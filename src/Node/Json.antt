-- ===== src/Node/Json.antt =====
-- The JSON form of a node in include/apr/node.hpp. `none` is an exception of the JSON library or of
-- std::stoul.
use lightapr.Prelude.{ℕ, ◌%◌, ◌^◌, Bool, true, false, Option, none, some, [], ◌∷◌}
use lightapr.Prelude.Text.{Text, codes}
use lightapr.Json.{Json}
use lightapr.Node.{EndpointInfo, NodeInfo, NodeStatus, ok, to_string, node_status_from_string}

-- What follows a read that may throw.
infixl 5 ◌>>=◌
abbrev pub ◌>>=◌ {ℓ κ} : {A : Type ℓ} {B : Type κ} → Option A → (A → Option B) → Option B
none >>= f = none
some a >>= f = f a

-- The members as they are initialised.
unfoldable pub default_endpoint : EndpointInfo
default_endpoint = record { addr = []; port = 80; scheme = codes "http" }

unfoldable pub default_node : {V : Type 0} → NodeInfo V
default_node = record {
  id = [];
  role = [];
  workers = [];
  endpoint = none;
  status = ok;
  added_at = 0;
  active_at = 0;
  expires_in = none;
  extra = [];
}

module _ {V : Type 0} (J : Json V) (stoul : Text → Option ℕ) where
  unfoldable pub endpoint_to_json : EndpointInfo → V
  endpoint_to_json ep = J.object (
      (codes "addr", J.of_string ep.addr)
      ∷ (codes "port", J.of_number ep.port)
      ∷ (codes "scheme", J.of_string ep.scheme)
      ∷ [])

  -- `if (j.contains(key) && j[key].is_t()) x = j[key].get<T>();`, or the value `absent` if not.
  unfoldable pub read_if {ℓ} : {A : Type ℓ} → (V → Bool) → (V → Option A) → Text → V → A → Option A
  read_if is_t get key j absent = elim (J.find key j) [
    | none ↦ some absent
    | some v ↦ elim (is_t v) [ true ↦ get v | false ↦ some absent ]
  ]

  unfoldable pub read_port : V → ℕ → Option ℕ
  read_port j port = elim (J.find (codes "port") j) [
    | none ↦ some 80
    | some v ↦ elim (J.is_number v) [
      | true ↦ J.get_uint16 v
      | false ↦ elim (J.is_string v) [
        | true ↦ do t ← J.get_string v; n ← stoul t; some (n % 2 ^ 16)
        | false ↦ some port
      ]
    ]
  ]

  unfoldable pub endpoint_from_json : V → EndpointInfo → Option EndpointInfo
  endpoint_from_json j ep = do
    addr ← read_if J.is_string J.get_string (codes "addr") j ep.addr
    port ← read_port j ep.port
    scheme ← read_if J.is_string J.get_string (codes "scheme") j (codes "http")
    some (record { addr = addr; port = port; scheme = scheme })

  -- `node.endpoint.has_value() ? json(node.endpoint.value()) : nullptr`
  unfoldable pub endpoint_or_null : Option EndpointInfo → V
  endpoint_or_null none = J.null
  endpoint_or_null (some ep) = endpoint_to_json ep

  unfoldable pub number_or_null : Option ℕ → V
  number_or_null none = J.null
  number_or_null (some n) = J.of_number n

  unfoldable pub node_to_json : NodeInfo V → V
  node_to_json node = J.object (
      (codes "id", J.of_string node.id)
      ∷ (codes "role", J.of_string node.role)
      ∷ (codes "workers", J.of_strings node.workers)
      ∷ (codes "endpoint", endpoint_or_null node.endpoint)
      ∷ (codes "status", J.of_string (to_string node.status))
      ∷ (codes "added_at", J.of_number node.added_at)
      ∷ (codes "active_at", J.of_number node.active_at)
      ∷ (codes "extra", J.object node.extra)
      ∷ (codes "expires_in", number_or_null node.expires_in)
      ∷ [])

  -- `if (j.contains("endpoint") && !j["endpoint"].is_null())`
  unfoldable pub read_endpoint : V → Option (Option EndpointInfo)
  read_endpoint j = elim (J.find (codes "endpoint") j) [
    | none ↦ some none
    | some v ↦ elim (J.is_null v) [
      | true ↦ some none
      | false ↦ do ep ← endpoint_from_json v default_endpoint; some (some ep)
    ]
  ]

  unfoldable pub read_optional : V → Option (Option ℕ)
  read_optional j = elim (J.find (codes "expires_in") j) [
    | none ↦ some none
    | some v ↦ elim (J.is_number v) [
      | true ↦ do n ← J.get_int64 v; some (some n)
      | false ↦ some none
    ]
  ]

  -- get<node_status> by the word for it.
  unfoldable pub get_status : V → Option NodeStatus
  get_status v = do t ← J.get_string v; some (node_status_from_string t)

  unfoldable pub node_from_json : V → NodeInfo V → Option (NodeInfo V)
  node_from_json j node = do
    id ← read_if J.is_string J.get_string (codes "id") j node.id
    role ← read_if J.is_string J.get_string (codes "role") j node.role
    workers ← read_if J.is_array J.get_strings (codes "workers") j node.workers
    endpoint ← read_endpoint j
    status ← read_if J.is_string get_status (codes "status") j node.status
    added_at ← read_if J.is_number J.get_int64 (codes "added_at") j node.added_at
    active_at ← read_if J.is_number J.get_int64 (codes "active_at") j node.active_at
    expires_in ← read_optional j
    extra ← read_if J.is_object (λ v. some (J.entries v)) (codes "extra") j []
    some (record {
      id = id;
      role = role;
      workers = workers;
      endpoint = endpoint;
      status = status;
      added_at = added_at;
      active_at = active_at;
      expires_in = expires_in;
      extra = extra;
    })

## Goal of the exercise
Every line of the listing above that contains "record" is to be copied.

## Answer section
default_endpoint = record { addr = []; port = 80; scheme = codes "http" }
default_node = record {
    some (record { addr = addr; port = port; scheme = scheme })
    some (record {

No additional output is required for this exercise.